The frame is 15" c to c and 18" c to top. Seat post is a 27.2....

I remember you guys saying that Klein measured their frames funky...I'd consider keeping it but I'm afraid it might be too small. (I'm just shy of 6').

I wish I could say I picked up a lot of stuff this weekend, but the two frames are reall the only thing.

A few vintage MTB mags, a busted 1" SID, and a set of the forged Syncros cranks. Some other minor items....not as much as I wanted to get!


----------



## Guest (Oct 4, 2004)

Rumpfy said:


> Well...there is actually a 'pearl' effect to the paint. Definitely not a flat or gloss white....there's metallic there.
> 
> The frame is 15" c to c and 18" c to top. Seat post is a 27.2....
> 
> ...


at 6' you need a very flexible back to ride it, even with the riser bars. Klein recommended this size for 5'4" to 5'8" rider height. A buddy of mine is 6' tall and used to ride the small frames but now switched to medium. But give it a try, maybe you like it.

Carsten


----------



## Shayne (Jan 14, 2004)

*I'd say its too small for you.*



Rumpfy said:


> Well...there is actually a 'pearl' effect to the paint. Definitely not a flat or gloss white....there's metallic there.
> 
> The frame is 15" c to c and 18" c to top. Seat post is a 27.2....
> 
> ...


----------



## jasonwa (Dec 30, 2003)

It is indeed the 15 errr the 14 5/8 c-c. Small. It is a 90/91 first year attitudes. The stickers,serial numbers and their placement i think indicates a 91. I think it is a "true" 90 first year attitude. Why ? the 18 inch total seat tube length. In my opinion the first and only year to make the small attitude seat tube length in that size. True 91s, 92s and 93s small seat tubes measured 17 inches. Nice bike BTW. Real nice. As carsten said...Give it a try. I think kleins recomended sizing is full of sheet. Hey, the seat tube measures 18.Klein calls it a 19. And you know how everyone feels about those numbers. So give it a spin/race. I would love to hear a review from the king/moderator of this forum.

Carsten, thankyou for that splatter pic. I have never seen or heard that one before. It feels like i haven't added a pic to my klein pic collection in ages.


----------



## lml1x (Jan 13, 2004)

nice ride. Did you pick that up at the trail head cyclery swap over the weekend? I was eyeing that, but would've ended up sleeping on the couch if I brought home another frame. I coveted Kleins when I got into mtbiking in the early 90's but my student budget could only afford a 'dale.


----------



## lml1x (Jan 13, 2004)

uggh, my size too!!


----------



## MrOrange (Jun 21, 2004)

*Hey. I know that frame.*

It needs a top seal . . . Anybody know where I can get one?
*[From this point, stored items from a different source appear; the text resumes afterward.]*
-- ===== src/Participants/Enrollments/Chain.antt =====
-- The chain that the operator drives. The participant registry is a contract on Polygon Amoy, so
-- it is an interface here: what the operator reads of it and what a transaction does to it.
use creator_first_platform.Base.{ℕ, ◌≡◌, Bool, true, Option, none, some}

-- The answer of `chain.status`; `none` is the zero address, or the zero hash.
pub record ChainStatus : Type 0 where
  pub wallet : Option ℕ
  pub approved_roles : ℕ
  pub active : Bool
  pub initial_funding_completed : Bool
  pub registered_participant_id : Option ℕ

pub record Chain : Type 1 where
  pub State : Type 0
  -- by participant and wallet
  pub status : State → ℕ → ℕ → ChainStatus
  -- `approveClaimedInvitation` for a participant, a wallet and roles, until a time; `none` is a
  -- transaction that reverts
  pub approve : State → ℕ → ℕ → ℕ → ℕ → Option State
  -- `fundInitial` for a participant, under an operation identifier; `none` is one that reverts
  pub fund : State → ℕ → ℕ → Option State
  -- Where a funding takes effect, the participant is reported as funded, and stays so.
  pub fund_completes :
      (s s' : State) (participant operation wallet : ℕ)
      → fund s participant operation ≡ some s'
      → (status s' participant wallet).initial_funding_completed ≡ true
  pub fund_keeps :
      (s s' : State) (participant operation other wallet : ℕ)
      → fund s participant operation ≡ some s'
      → (status s other wallet).initial_funding_completed ≡ true
      → (status s' other wallet).initial_funding_completed ≡ true
  -- `InitialFundingAlreadyCompleted`
  pub fund_refuses :
      (s : State) (participant operation wallet : ℕ)
      → (status s participant wallet).initial_funding_completed ≡ true
      → fund s participant operation ≡ none
  pub approve_keeps :
      (s s' : State) (participant wallet roles expires other wallet' : ℕ)
      → approve s participant wallet roles expires ≡ some s'
      → (status s other wallet').initial_funding_completed ≡ true
      → (status s' other wallet').initial_funding_completed ≡ true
Notice the funky MC1 Stem with bolt on (!) Klein Carbon Bar.

Dave


----------



## Rumpfy (Dec 21, 2003)

MrOrange said:


> It needs a top seal . . . Anybody know where I can get one?
> 
> Notice the funky MC1 Stem with bolt on (!) Klein Carbon Bar.
> 
> Dave


Wow...you think that Klein is worth much!?  
Very cool.


----------



## MrOrange (Jun 21, 2004)

*Splatter Paint Klein*



Rumpfy said:


> Wow...you think that Klein is worth much!?
> Very cool.


I only know of a couple . . .This one, and one in Germany. I've never seen pics of the other one to be sure it was not Mardi Gras paint (done with a sponge vs. splatter) so who knows. A factory paint job, and very bright as it was done with neon. I believe it was done for a race team, and was VERY limited. I keep it in a dark spot so it won't fade, I would like to get it back to the original spec it had -XTR. I have most of the parts at present, just needs time to get together. And yes, a top seal for the headtube. Anybody else know more of the story?

Dave


----------



## Shayne (Jan 14, 2004)

*Isn't than Paint Scheme "Graffiti" ?*

The dotted frame pictured that is.

Carsten...any pics of the graffiti scheme if this isnt it? I've seen 2 or 3 frames painted with it but can't remember what it looks like for sure.


----------



## Guest (Oct 6, 2004)

Shayne said:


> The dotted frame pictured that is.
> 
> Carsten...any pics of the graffiti scheme if this isnt it? I've seen 2 or 3 frames painted with it but can't remember what it looks like for sure.


not sure which scheme you mean.

the 1993 Mardi Gras?










or the 1993 Rain Forest?










or the 1993 Gossamer (Gossomer, Glossomer?)?










Carsten


----------



## Shayne (Jan 14, 2004)

No, none of those. There was a paint scheme called "Graffiti" It was all white with bright colors, either spots or stripes, I can't remember which. Basically it looked like someone randomly spray paited color on it. I've seen 2 Rascals painted like that (1 in person) and I think an MC1 Attitude.


----------



## pinguwin (Aug 20, 2004)

Rumpfy said:


> What am I looking at? MC1 handlebars?
> I thought 90/91 because of the 'Attitude' script and the headtube. Or is it a bit newer because of the color (pearl white with a deep purple decals). Serial number is A913
> 
> [/IMG]


The Attitude script says 90-91, however the fact that it has the shock on it, makes me think 92. Given that it isn't a retrofit (not an adapter, since you use the original mc1 stem/bar). Hmm......

However, my 90 Attitude had a serial number: BAT486, my 91 Attitude had a serial number A3F2, I doubt it is a 90. Could be a 92, but serial#'s are similar for the 91.


----------